Accueil > Notre Amérique > Frère Indigène > Comment la mondialisation a aidé les peuples indigènes
Les Indiens occupent une place de plus en plus importante en politique. Et, contre toute attente, c’est en partie grâce à la mondialisation. Les mouvements indigènes ont su profiter des réseaux de solidarité et de la circulation des idées pour mieux s’organiser.
Au cours d’un récent sommet des chefs d’Etat latino-américains, l’ancien syndicaliste devenu président du Brésil, Luiz Inácio "Lula" da Silva, a déclaré que "son peuple", les travailleurs brésiliens, avait attendu des dizaines d’années avant d’accéder au pouvoir. Le président du Pérou, Alejandro Toledo, premier président péruvien d’origine indienne, lui a alors rétorqué : "Mon peuple, lui, a attendu cinq cents ans."
Leur attente semble donc arriver à sa fin, et pas seulement au Pérou mais aussi dans le monde entier. La montée en puissance des peuples autochtones en politique est devenue aujourd’hui un phénomène mondial.
La Confédération des nationalités indiennes d’Equateur (CONAIE) est devenue une force politique essentielle dans ce pays. Le Mouvement vers le socialisme bolivien (MAS) a acquis un énorme poids politique grâce au soutien des Indiens producteurs de coca. Et les mouvements indiens ont également vu croître leur influence au Brésil, au Chili, en Colombie et en Amérique centrale. De nombreux pays ont modifié leur Constitution pour accorder plus de droits et de protection aux descendants des peuples autochtones.
Au Mexique, la révolte du Chiapas a donné une nouvelle dimension politique aux mouvements indiens, et la Guatémaltèque Rigoberta Menchú, lauréate du prix Nobel de la paix, est devenue un symbole international de la lutte pour les droits des autochtones. Ce poids politique récemment acquis ne signifie pas que la misère, l’exclusion et l’exploitation qui accablent les populations autochtones du monde entier soient des problèmes réglés. Leur influence politique est encore très récente et elle est souvent détournée par les hommes politiques, dont certains sont d’origine autochtone. Cependant, il est incontestable que les populations indigènes du monde entier occupent une place de plus en plus importante en politique. Comment expliquer ce phénomène ?
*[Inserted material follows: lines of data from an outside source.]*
-- ===== src/Plan/Build/Cycles.antt =====
-- The cycle error of RunPlan.__post_init__ in src/graphori_core/run_plan.py.
use graphori.Common.{
  ℕ, String, List, [], ◌∷◌, Bool, true, false, not, ◌&&◌, ◌||◌, contains, subset, all_distinct,
  is_blank, ◌≡◌, ◌≢◌, refl, ap, ◌∙◌, if◌then◌else◌, ◌==◌, length, ltb, mem-of_contains, all-true,
}
use graphori.Common.Int.{pos, leb_ℤ}
use graphori.Common.Result.{Result, ok, err, ◌>>=◌, ◌>>◌, guard, guard-eq-err, >>=-eq-err}
use graphori.Plan.Node.{NodeSpec, PlanEdge, RunPlan}
use graphori.Plan.Resolve.{idents, resolve, ResolveError, out_of_fuel}
use graphori.Plan.Resolve.Laws.{resolve-ne-out_of_fuel}
use graphori.Plan.Resolve.Ranked.{IsRanked}
use graphori.Plan.Resolve.Accepts.{resolve-accepts}
use graphori.Plan.Build.{
  PlanError, Built, cycle, producers, add_producers, check_required, check_sprout, check_sprouts,
  check_edges, check_graph, build_plan, arranged, no_cycle, duplicate_node, unknown_dependencies,
  multiple_producers, unknown_proofs, unknown_edge, unknown_critical_path, unsupported_schema,
  bad_run_identity, unknown_status, unknown_proof_policy, plan_states, proof_policies, open_fan_in,
  unproved_commit, irreversible_commit, fan_in_proved, commit_proved,
}
use graphori.Plan.Build.Producers.{producers-deps}
use graphori.Plan.Build.Accepted.{distinct-IsUnique}

abbrev is_cycle : PlanError → Bool
is_cycle (cycle e) = true
is_cycle _ = false

-- The loops other than the rounds raise no cycle error.
abbrev NoCycle : {A : Type 0} → Built A → Type 0
NoCycle (ok a) = Unit {0}
NoCycle (err e) = is_cycle e ≡ false

NoCycle-guard :
    {A : Type 0} (t : Bool) (e : PlanError) (k : Built A)
    → is_cycle e ≡ false
    → NoCycle k
    → NoCycle (guard t e >> k)
NoCycle-guard true e k h rest = rest
NoCycle-guard false e k h rest = h

NoCycle-bind :
    {A B : Type 0} (m : Built A) (f : A → Built B)
    → NoCycle m
    → ((a : A) → NoCycle (f a))
    → NoCycle (m >>= f)
NoCycle-bind (ok a) f h rest = rest a
NoCycle-bind (err e) f h rest = h

not_cycle : {A : Type 0} (m : Built A) (x : ResolveError) → NoCycle m → m ≡ err (cycle x) → ⊥
not_cycle (ok a) x h e = cc e
not_cycle (err y) x h e = let same : y ≡ cycle x = cc e in cc (h, ap is_cycle same)

add_producers-NoCycle : (ps seen : List String) → NoCycle (add_producers seen ps)
unfolding add_producers
add_producers-NoCycle [] seen = tt
add_producers-NoCycle (p ∷ ps) seen =
    NoCycle-guard (not (contains seen p)) (multiple_producers p) (add_producers (p ∷ seen) ps) refl
      (add_producers-NoCycle ps (p ∷ seen))

producers-NoCycle :
    (known : List String) (nodes : List NodeSpec) (seen : List String)
    → NoCycle (producers known seen nodes)
unfolding producers
producers-NoCycle known [] seen = tt
producers-NoCycle known (n ∷ ns) seen =
    NoCycle-guard (subset n.dependencies known) (unknown_dependencies n.node_id) _ refl (
      NoCycle-bind (add_producers seen n.closes_proofs) _
        (add_producers-NoCycle n.closes_proofs seen) (producers-NoCycle known ns))

check_required-NoCycle :
    (seen : List String) (nodes : List NodeSpec) → NoCycle (check_required seen nodes)
unfolding check_required
check_required-NoCycle seen [] = tt
check_required-NoCycle seen (n ∷ ns) =
    NoCycle-guard (subset n.requires_proofs seen) (unknown_proofs n.node_id) _ refl
      (check_required-NoCycle seen ns)

check_sprout-NoCycle : (nodes : List NodeSpec) (n : NodeSpec) → NoCycle (check_sprout nodes n)
unfolding check_sprout
check_sprout-NoCycle nodes n =
    NoCycle-guard (not (ltb 1 (length n.dependencies)) || fan_in_proved nodes n)
      (open_fan_in n.node_id) _ refl
      (NoCycle-guard (not n.external_effect || commit_proved nodes n) (unproved_commit n.node_id) _
        refl
        (NoCycle-guard (not n.external_effect || n.reversibility == "reversible")
          (irreversible_commit n.node_id) (ok tt) refl tt))

check_sprouts-NoCycle : (all_nodes nodes : List NodeSpec) → NoCycle (check_sprouts all_nodes nodes)
unfolding check_sprouts
check_sprouts-NoCycle all_nodes [] = tt
check_sprouts-NoCycle all_nodes (n ∷ ns) =
    NoCycle-bind (check_sprout all_nodes n) (λ _. check_sprouts all_nodes ns)
      (check_sprout-NoCycle all_nodes n) (λ _. check_sprouts-NoCycle all_nodes ns)

check_edges-NoCycle :
    (known : List String) (edges : List PlanEdge) → NoCycle (check_edges known edges)
unfolding check_edges
check_edges-NoCycle known [] = tt
check_edges-NoCycle known (e ∷ es) =
    NoCycle-guard (contains known e.source && contains known e.target)
      (unknown_edge e.source e.target) _ refl (check_edges-NoCycle known es)

sprouts_if-NoCycle :
    (t : Bool) (nodes : List NodeSpec) → NoCycle (if t then ok tt else check_sprouts nodes nodes)
sprouts_if-NoCycle true nodes = tt
sprouts_if-NoCycle false nodes = check_sprouts-NoCycle nodes nodes

no_cycle-err :
    (r : Result ResolveError (List String)) (f : List String → Built RunPlan) (x : ResolveError)
    → ((order : List String) → NoCycle (f order))
    → (no_cycle r >>= f) ≡ err (cycle x)
    → r ≡ err x
no_cycle-err (ok order) f x h e = absurd (not_cycle (f order) x (h order) e)
no_cycle-err (err y) f x h e = let same : y ≡ x = cc e in rw same

-- A cycle error of the checks comes from the rounds, after ids and dependencies were checked.
check_graph-cycle :
    (p : RunPlan) (x : ResolveError)
    → check_graph p ≡ err (cycle x)
    → (all_distinct (idents p.nodes) ≡ true)
      × (seen : List String) × (producers (idents p.nodes) [] p.nodes ≡ ok seen)
      × (resolve p.nodes ≡ err x)
unfolding check_graph
check_graph-cycle p x e =
    let known = idents p.nodes in
    let sprout = if p.proof_policy == "" then ok tt else check_sprouts p.nodes p.nodes in
    let k₅ = guard (subset p.critical_path known) unknown_critical_path >> ok p in
    let k₄ = check_edges known p.edges >> k₅ in
    let k₃ = λ (order : List String). k₄ in
    let k₂ = sprout >> (no_cycle (resolve p.nodes) >>= k₃) in
    let k₁ = λ (seen : List String). check_required seen p.nodes >> k₂ in
    let (distinct, e₁) =
      guard-eq-err (all_distinct known) duplicate_node (producers known [] p.nodes >>= k₁) e
        (λ q. cc q) in
    let (seen, produced, e₂) =
      >>=-eq-err (producers known [] p.nodes) k₁ e₁
        (not_cycle _ x (producers-NoCycle known p.nodes [])) in
    let (u, required_ok, e₃) =
      >>=-eq-err (check_required seen p.nodes) (λ _. k₂) e₂
        (not_cycle _ x (check_required-NoCycle seen p.nodes)) in
    let (v, sprout_ok, e₄) =
      >>=-eq-err sprout (λ _. no_cycle (resolve p.nodes) >>= k₃) e₃
        (not_cycle sprout x (sprouts_if-NoCycle (p.proof_policy == "") p.nodes)) in
    let later = λ (order : List String).
      NoCycle-bind (check_edges known p.edges) (λ _. k₅) (check_edges-NoCycle known p.edges)
        (λ _. NoCycle-guard (subset p.critical_path known) unknown_critical_path (ok p) refl tt) in
    (distinct, seen, produced, no_cycle-err (resolve p.nodes) k₃ x later e₄)

build_plan-checks_err :
    (raw : RunPlan) (x : ResolveError)
    → build_plan raw ≡ err (cycle x)
    → check_graph (arranged raw) ≡ err (cycle x)
unfolding build_plan
build_plan-checks_err raw x e =
    let k₃ =
      guard (contains proof_policies raw.proof_policy) (unknown_proof_policy raw.proof_policy)
      >> check_graph (arranged raw) in
    let k₂ = guard (contains plan_states raw.status) (unknown_status raw.status) >> k₃ in
    let k₁ =
      guard (not (is_blank raw.run_id) && leb_ℤ (pos 1) raw.plan_version) bad_run_identity >> k₂ in
    let e₁ =
      (guard-eq-err (leb_ℤ raw.schema_version (pos 2) && leb_ℤ (pos 2) raw.schema_version)
        unsupported_schema k₁ e (λ q. cc q)).1 in
    let e₂ =
      (guard-eq-err (not (is_blank raw.run_id) && leb_ℤ (pos 1) raw.plan_version) bad_run_identity
        k₂ e₁ (λ q. cc q)).1 in
    let e₃ =
      (guard-eq-err (contains plan_states raw.status) (unknown_status raw.status) k₃ e₂
        (λ q. cc q)).1 in
    (guard-eq-err (contains proof_policies raw.proof_policy) (unknown_proof_policy raw.proof_policy)
      (check_graph (arranged raw)) e₃ (λ q. cc q)).1

-- A cycle error is never an exhausted loop, and it is raised only for a plan that has no order: no
-- ranking puts every dependency below its node.
pub build_plan-cycle :
    (raw : RunPlan) (x : ResolveError)
    → build_plan raw ≡ err (cycle x)
    → (x ≢ out_of_fuel) × ((rank : String → ℕ) → ¬ IsRanked rank (arranged raw).nodes)
build_plan-cycle raw x e =
    let nodes = (arranged raw).nodes in
    let (distinct, seen, produced, stuck) =
      check_graph-cycle (arranged raw) x (build_plan-checks_err raw x e) in
    (
      λ same. resolve-ne-out_of_fuel nodes (stuck ∙ ap err same),
      λ rank ranked.
          let (order, found) =
            resolve-accepts rank nodes ranked
              (λ n m d dep.
                all-true _ n.dependencies (producers-deps (idents nodes) nodes [] seen produced n m)
                  d (mem-of_contains n.dependencies d dep))
              (distinct-IsUnique nodes distinct) in
          cc (found, stuck),
    )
Contre toute attente, la mondialisation a beaucoup aidé les peuples indigènes. Grâce à la convergence des mutations technologiques et politiques, notre monde est aujourd’hui plus petit et de moins en moins tolérant envers les injustices et les dictatures. Aujourd’hui, non seulement voyager et communiquer est à la portée de presque toutes les bourses, mais les pratiques démocratiques s’enracinent chaque jour davantage dans de nombreux pays et l’obtention de certains droits fondamentaux est désormais sinon une réalité du moins un objectif à atteindre.
De plus, les ONG qui militent pour les droits de l’homme et l’environnement ou qui luttent contre la pauvreté peuvent désormais recruter des membres, collecter des fonds et intervenir dans le monde entier plus rapidement qu’auparavant.
Tous ces phénomènes offrent aux peuples indigènes de nouvelles opportunités politiques. Par exemple, la décentralisation du pouvoir politique, de la capitale aux gouvernements locaux - qui est également un phénomène mondial -, a facilité l’élection de représentants autochtones dans des zones où cette population est majoritaire.
Par ailleurs, dans les années 80, les Nations unies ont soutenu l’internationalisation du mouvement autochtone en manifestant l’intention de rédiger une déclaration universelle des droits des peuples indigènes. La déclaration est encore à l’état d’ébauche, mais ce projet a permis de créer un réseau mondial bien organisé et relativement bien financé.
L’influence croissante des mouvements de protection de l’environnement et paradoxalement l’essor des multinationales ont également contribué à augmenter le potentiel politique des groupes indigènes. Les revendications des autochtones concernant les terres sur lesquelles leurs ancêtres ont toujours vécu sont tout à fait légitimes. Ainsi, quand des terres auparavant dépourvues de toute activité économique majeure suscitent subitement la convoitise des grandes entreprises, les populations indigènes ne sont pas disposées à se laisser faire et s’organisent politiquement. S’il est évident que la mondialisation n’a pas que des avantages pour les 350 millions d’autochtones qui vivent dans plus de 70 pays, il est indéniable que, grâce à ce phénomène, les populations indigènes disposent désormais de puissants alliés, d’une plus grande résonance sur la scène internationale et de davantage de poids politique dans leur propre pays.
Par Moisés Naím
Rédacteur en chef de la revue Foreign Policy.